Work order — Exact repetition is the task: copy every entry below.

Stored data —
^^^^^^^^

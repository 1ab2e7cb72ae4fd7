-- ===== src/EventBus.antt =====
-- The event bus (sdk/pkg/eventbus).
pub mod Pipeline
pub mod Health
pub mod Envelope
pub mod Topics
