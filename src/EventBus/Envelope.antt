-- ===== src/EventBus/Envelope.antt =====
-- The message envelope (sdk/pkg/eventbus/envelope.go).
pub mod Defs
pub mod Laws
pub mod Ids
pub mod Examples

^^^^^^^^

Solved exercise —
repository 1ab2e7cb72ae4fd7
-- ===== src/EventBus.antt =====
-- The event bus (sdk/pkg/eventbus).
pub mod Pipeline
pub mod Health
pub mod Envelope
pub mod Topics
filename src/EventBus/Envelope.antt
-- ===== src/EventBus/Envelope.antt =====
-- The message envelope (sdk/pkg/eventbus/envelope.go).
pub mod Defs
pub mod Laws
pub mod Ids
pub mod Examples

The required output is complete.